##### SOURCE INFORMATION #####

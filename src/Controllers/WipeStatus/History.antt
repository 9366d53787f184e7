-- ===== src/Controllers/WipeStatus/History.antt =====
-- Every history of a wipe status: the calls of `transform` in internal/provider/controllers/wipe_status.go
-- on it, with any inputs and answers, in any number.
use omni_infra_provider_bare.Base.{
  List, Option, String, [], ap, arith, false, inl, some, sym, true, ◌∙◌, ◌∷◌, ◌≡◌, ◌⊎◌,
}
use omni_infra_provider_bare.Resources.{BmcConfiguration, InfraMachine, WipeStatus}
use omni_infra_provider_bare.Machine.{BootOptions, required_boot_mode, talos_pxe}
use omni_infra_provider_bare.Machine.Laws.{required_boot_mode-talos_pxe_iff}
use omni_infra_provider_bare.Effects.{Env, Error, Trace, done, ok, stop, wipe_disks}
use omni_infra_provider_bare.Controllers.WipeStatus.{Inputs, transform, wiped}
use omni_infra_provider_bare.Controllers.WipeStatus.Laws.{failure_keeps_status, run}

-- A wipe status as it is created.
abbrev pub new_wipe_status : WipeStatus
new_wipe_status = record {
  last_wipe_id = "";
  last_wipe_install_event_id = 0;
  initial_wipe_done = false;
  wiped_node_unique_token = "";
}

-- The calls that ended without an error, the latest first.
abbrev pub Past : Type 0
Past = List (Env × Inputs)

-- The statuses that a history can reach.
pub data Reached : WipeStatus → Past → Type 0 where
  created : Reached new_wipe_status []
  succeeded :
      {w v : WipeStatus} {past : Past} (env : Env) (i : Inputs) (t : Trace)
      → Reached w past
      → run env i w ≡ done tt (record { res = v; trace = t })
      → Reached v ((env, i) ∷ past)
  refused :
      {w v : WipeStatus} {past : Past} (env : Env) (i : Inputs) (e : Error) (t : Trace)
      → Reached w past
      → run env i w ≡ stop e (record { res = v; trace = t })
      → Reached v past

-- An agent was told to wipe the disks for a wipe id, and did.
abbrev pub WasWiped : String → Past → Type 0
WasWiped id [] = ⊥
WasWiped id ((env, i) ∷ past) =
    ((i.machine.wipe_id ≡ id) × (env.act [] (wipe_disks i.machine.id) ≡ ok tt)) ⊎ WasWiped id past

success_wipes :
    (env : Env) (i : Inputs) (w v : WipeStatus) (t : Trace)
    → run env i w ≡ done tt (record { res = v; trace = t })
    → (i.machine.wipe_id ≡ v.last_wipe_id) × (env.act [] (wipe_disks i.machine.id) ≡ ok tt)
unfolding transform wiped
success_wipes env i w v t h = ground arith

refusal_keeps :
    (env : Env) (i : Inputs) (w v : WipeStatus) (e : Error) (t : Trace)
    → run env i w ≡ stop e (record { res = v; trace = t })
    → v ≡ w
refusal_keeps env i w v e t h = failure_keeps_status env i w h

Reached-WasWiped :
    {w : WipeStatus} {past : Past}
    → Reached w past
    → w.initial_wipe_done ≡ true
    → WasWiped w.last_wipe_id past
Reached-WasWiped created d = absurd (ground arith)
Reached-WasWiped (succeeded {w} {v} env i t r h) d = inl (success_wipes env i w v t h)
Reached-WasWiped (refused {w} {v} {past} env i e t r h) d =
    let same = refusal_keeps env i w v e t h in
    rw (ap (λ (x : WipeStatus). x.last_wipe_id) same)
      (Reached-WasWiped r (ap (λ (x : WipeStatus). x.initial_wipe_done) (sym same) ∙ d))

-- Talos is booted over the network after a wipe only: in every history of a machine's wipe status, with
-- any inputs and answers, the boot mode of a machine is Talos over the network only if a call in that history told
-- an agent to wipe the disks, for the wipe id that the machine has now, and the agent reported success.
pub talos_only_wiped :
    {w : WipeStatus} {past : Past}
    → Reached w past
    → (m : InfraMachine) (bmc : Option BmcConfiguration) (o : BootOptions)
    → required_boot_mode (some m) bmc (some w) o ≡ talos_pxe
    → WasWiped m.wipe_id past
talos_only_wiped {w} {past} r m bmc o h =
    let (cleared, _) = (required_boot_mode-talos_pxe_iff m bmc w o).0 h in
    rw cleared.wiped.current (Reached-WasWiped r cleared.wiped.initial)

#####
##### SOURCE INFORMATION #####

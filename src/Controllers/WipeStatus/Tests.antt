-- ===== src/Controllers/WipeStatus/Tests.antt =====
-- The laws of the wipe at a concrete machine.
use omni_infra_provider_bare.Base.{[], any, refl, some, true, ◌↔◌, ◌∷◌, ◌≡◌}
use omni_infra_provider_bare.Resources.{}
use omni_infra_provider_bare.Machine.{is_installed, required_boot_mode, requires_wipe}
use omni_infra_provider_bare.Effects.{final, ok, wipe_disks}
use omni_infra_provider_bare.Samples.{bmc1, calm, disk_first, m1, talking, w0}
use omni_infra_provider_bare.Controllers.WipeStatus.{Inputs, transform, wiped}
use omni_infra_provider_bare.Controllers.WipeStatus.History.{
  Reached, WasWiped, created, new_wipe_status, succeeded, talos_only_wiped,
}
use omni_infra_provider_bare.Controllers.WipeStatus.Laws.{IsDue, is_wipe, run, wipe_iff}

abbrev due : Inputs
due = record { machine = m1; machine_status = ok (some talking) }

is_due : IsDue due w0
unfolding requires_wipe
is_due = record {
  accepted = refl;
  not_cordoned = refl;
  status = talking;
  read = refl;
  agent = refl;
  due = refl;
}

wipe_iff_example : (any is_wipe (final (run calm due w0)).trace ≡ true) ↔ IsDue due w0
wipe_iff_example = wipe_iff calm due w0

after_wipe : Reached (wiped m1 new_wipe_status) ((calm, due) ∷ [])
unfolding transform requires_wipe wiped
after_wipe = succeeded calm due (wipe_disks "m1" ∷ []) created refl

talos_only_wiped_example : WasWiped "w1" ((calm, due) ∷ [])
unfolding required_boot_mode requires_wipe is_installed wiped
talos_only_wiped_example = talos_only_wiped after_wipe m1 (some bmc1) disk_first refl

#####

Please return the lines above that run from the line containing "env i w v t h)" to the line containing "rw cleared.wiped.current (Reached-WasWiped", inclusive, exactly and with no other lines.

Reached-WasWiped (succeeded {w} {v} env i t r h) d = inl (success_wipes env i w v t h)
Reached-WasWiped (refused {w} {v} {past} env i e t r h) d =
    let same = refusal_keeps env i w v e t h in
    rw (ap (λ (x : WipeStatus). x.last_wipe_id) same)
      (Reached-WasWiped r (ap (λ (x : WipeStatus). x.initial_wipe_done) (sym same) ∙ d))

-- Talos is booted over the network after a wipe only: in every history of a machine's wipe status, with
-- any inputs and answers, the boot mode of a machine is Talos over the network only if a call in that history told
-- an agent to wipe the disks, for the wipe id that the machine has now, and the agent reported success.
pub talos_only_wiped :
    {w : WipeStatus} {past : Past}
    → Reached w past
    → (m : InfraMachine) (bmc : Option BmcConfiguration) (o : BootOptions)
    → required_boot_mode (some m) bmc (some w) o ≡ talos_pxe
    → WasWiped m.wipe_id past
talos_only_wiped {w} {past} r m bmc o h =
    let (cleared, _) = (required_boot_mode-talos_pxe_iff m bmc w o).0 h in
    rw cleared.wiped.current (Reached-WasWiped r cleared.wiped.initial)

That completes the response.